S'era alzata, liberandosi da lui.

— È troppo tardi... io non posso ascoltarvi!... Qualunque sia lo stato dell'animo mio, ho dei doveri: bisogna che io li adempia, a qualunque costo.

— A costo del vostro cuore, a costo della vostra felicità?

— A qualunque costo!

Ella si lasciò ricadere nel suo cantuccio. Vide che egli si stringeva la fronte tra le mani; a un tratto le tornò dinanzi.

— Ebbene, sia... ma lasciatevi amare, se non mi amate!... non è un delitto questo!... Voi non potete impedirlo!...

Era il suo sogno: un amor puro, un affetto secreto che occupasse l'anima, che illuminasse la vita.
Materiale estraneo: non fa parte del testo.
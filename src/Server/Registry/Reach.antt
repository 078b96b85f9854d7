-- ===== src/Server/Registry/Reach.antt =====
-- The registry's indexes agree with the clients' own records in every registry that is reached.
use shamichan.Prelude.{
  ℕ, ◌≡◌, refl, ap, ◌∙◌, List, Option, none, some, false, arith, Option-cases, inl, inr,
}
use shamichan.Prelude.Eq.{ℕ_eq}
use shamichan.Collections.HashMap
use shamichan.Collections.SetMap
use shamichan.Server.Registry.{
  Registry, ClientDescriptor, register_client, unregister_client, set_feed, set_public_key,
  insert_feed, snapshot_clients, new, leave_key, leave_feed,
}
use shamichan.Server.Registry.Sync.{
  IsSynced, held, on_feed, has_key, new-IsSynced, register_client-IsSynced, set_public_key-IsSynced,
  snapshot_clients-IsSynced, set_feed-IsSynced, unregister_client-IsSynced,
}

-- A message to the registry, with the address of the feed that is started for a new thread.
pub data Request : Type 0 where
  registers sets_feed sets_key inserts : ℕ → ℕ → Request
  unregisters gets snapshots : ℕ → Request
  gets_index : Request

abbrev pub handle : Registry → Request → Registry
handle r (registers id addr) = register_client r id addr
handle r (sets_feed client feed) = (set_feed r client feed).0.0
handle r (sets_key client key) = (set_public_key r client key).0
handle r (inserts id addr) = (insert_feed r id addr).0.0
handle r (unregisters client) = (unregister_client r client).0
handle r (gets id) = r
handle r (snapshots feed) = (snapshot_clients r feed).0
handle r gets_index = r

-- What the registry relies on: a client is registered under a new identifier, and gives its public
-- key once.
abbrev pub IsFresh : Registry → Request → Type 0
IsFresh r (registers id addr) = HashMap.get r.clients id ≡ none
IsFresh r (sets_key client key) =
    (d : ClientDescriptor) → HashMap.get r.clients client ≡ some d → d.pub_key ≡ none
IsFresh r _ = Unit {0}

insert_feed-IsSynced :
    (r : Registry) (id addr : ℕ) → IsSynced r → IsSynced (insert_feed r id addr).0.0
unfolding insert_feed
insert_feed-IsSynced r id addr h = record { feeds = h.feeds; keys = h.keys }

-- Every handler keeps the indexes in step with the clients' records.
pub handle-IsSynced :
    (r : Registry) (q : Request) → IsFresh r q → IsSynced r → IsSynced (handle r q)
handle-IsSynced r (registers id addr) e h = register_client-IsSynced r id addr e h
handle-IsSynced r (sets_feed client feed) e h = set_feed-IsSynced r client feed h
handle-IsSynced r (sets_key client key) e h = set_public_key-IsSynced r client key e h
handle-IsSynced r (inserts id addr) e h = insert_feed-IsSynced r id addr h
handle-IsSynced r (unregisters client) e h = unregister_client-IsSynced r client h
handle-IsSynced r (gets id) e h = h
handle-IsSynced r (snapshots feed) e h = snapshot_clients-IsSynced r feed h
handle-IsSynced r gets_index e h = h

-- The registries that a new one reaches.
pub data Reach : Registry → Type 0 where
  started : (index_feed : ℕ) (threads : List (ℕ × ℕ)) → Reach (new index_feed threads)
  handled : {r : Registry} (q : Request) → Reach r → IsFresh r q → Reach (handle r q)

-- In every registry that is reached, where clients register under new identifiers and give their
-- public key once, a feed's client set holds exactly the clients whose record names the feed, under
-- their addresses, and a key's set exactly the clients whose record names the key.
pub Reach-IsSynced : {r : Registry} → Reach r → IsSynced r
Reach-IsSynced (started index_feed threads) = new-IsSynced index_feed threads
Reach-IsSynced (handled {r} q before fresh) = handle-IsSynced r q fresh (Reach-IsSynced before)

leave_clients :
    (r : Registry) (client : ℕ) (o k : Option ℕ)
    → (leave_key (leave_feed r client o) client k).clients ≡ r.clients
leave_clients r client none none = refl
leave_clients r client none (some key) = refl
leave_clients r client (some feed) none = refl
leave_clients r client (some feed) (some key) = refl

get-unregister_client :
    (r : Registry) (client : ℕ) → HashMap.get (unregister_client r client).0.clients client ≡ none
unfolding unregister_client
get-unregister_client r client = elim (Option-cases (HashMap.get r.clients client)) [
  | inl e ↦ rw (e, unregister_client) e
  | inr (d, e) ↦
      rw (e, unregister_client)
        (rw
          (leave_clients (record r { clients = HashMap.remove r.clients client }) client d.feed
            d.pub_key)
          (ground (arith, HashMap.get-remove r.clients client client)))
]

-- A client that is unregistered leaves no trace: no record, no place in a feed's client set, and none
-- in a key's set.
unregister_client_gone :
    (r : Registry) (client f k : ℕ)
    → IsSynced r
    → let r' = (unregister_client r client).0 in
      (HashMap.get r'.clients client ≡ none)
      × (held (HashMap.get r'.feed_clients f) client ≡ none)
      × (SetMap.relates r'.by_pub_key k client ≡ false)
unregister_client_gone r client f k h =
    let h' = unregister_client-IsSynced r client h in
    let e = get-unregister_client r client in
    (e, h'.feeds f client ∙ ap (λ o. on_feed o f) e, h'.keys k client ∙ ap (λ o. has_key o k) e)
Ella taceva, dicendo di sì col pensiero. Così egli non partiva, tornava ancora a trovarla, a ripeterle delle parole di fuoco quando erano soli, a dirle con lo sguardo: «Vedete a chi vi sacrificate?» quando Guglielmo, non prendendosi più soggezione dell'amico, si rivelava qual'era. Le baciava la mano, tentava di abbracciarla: ella gli sfuggiva, mettendolo a posto con una parola, godendo del dominio che esercitava su di lui, inebbriata dalla passione che aveva destata, dagli stessi pericoli che correva, impedendogli di continuare quand'egli si faceva troppo insistente, ma aspettando sempre che ricominciasse.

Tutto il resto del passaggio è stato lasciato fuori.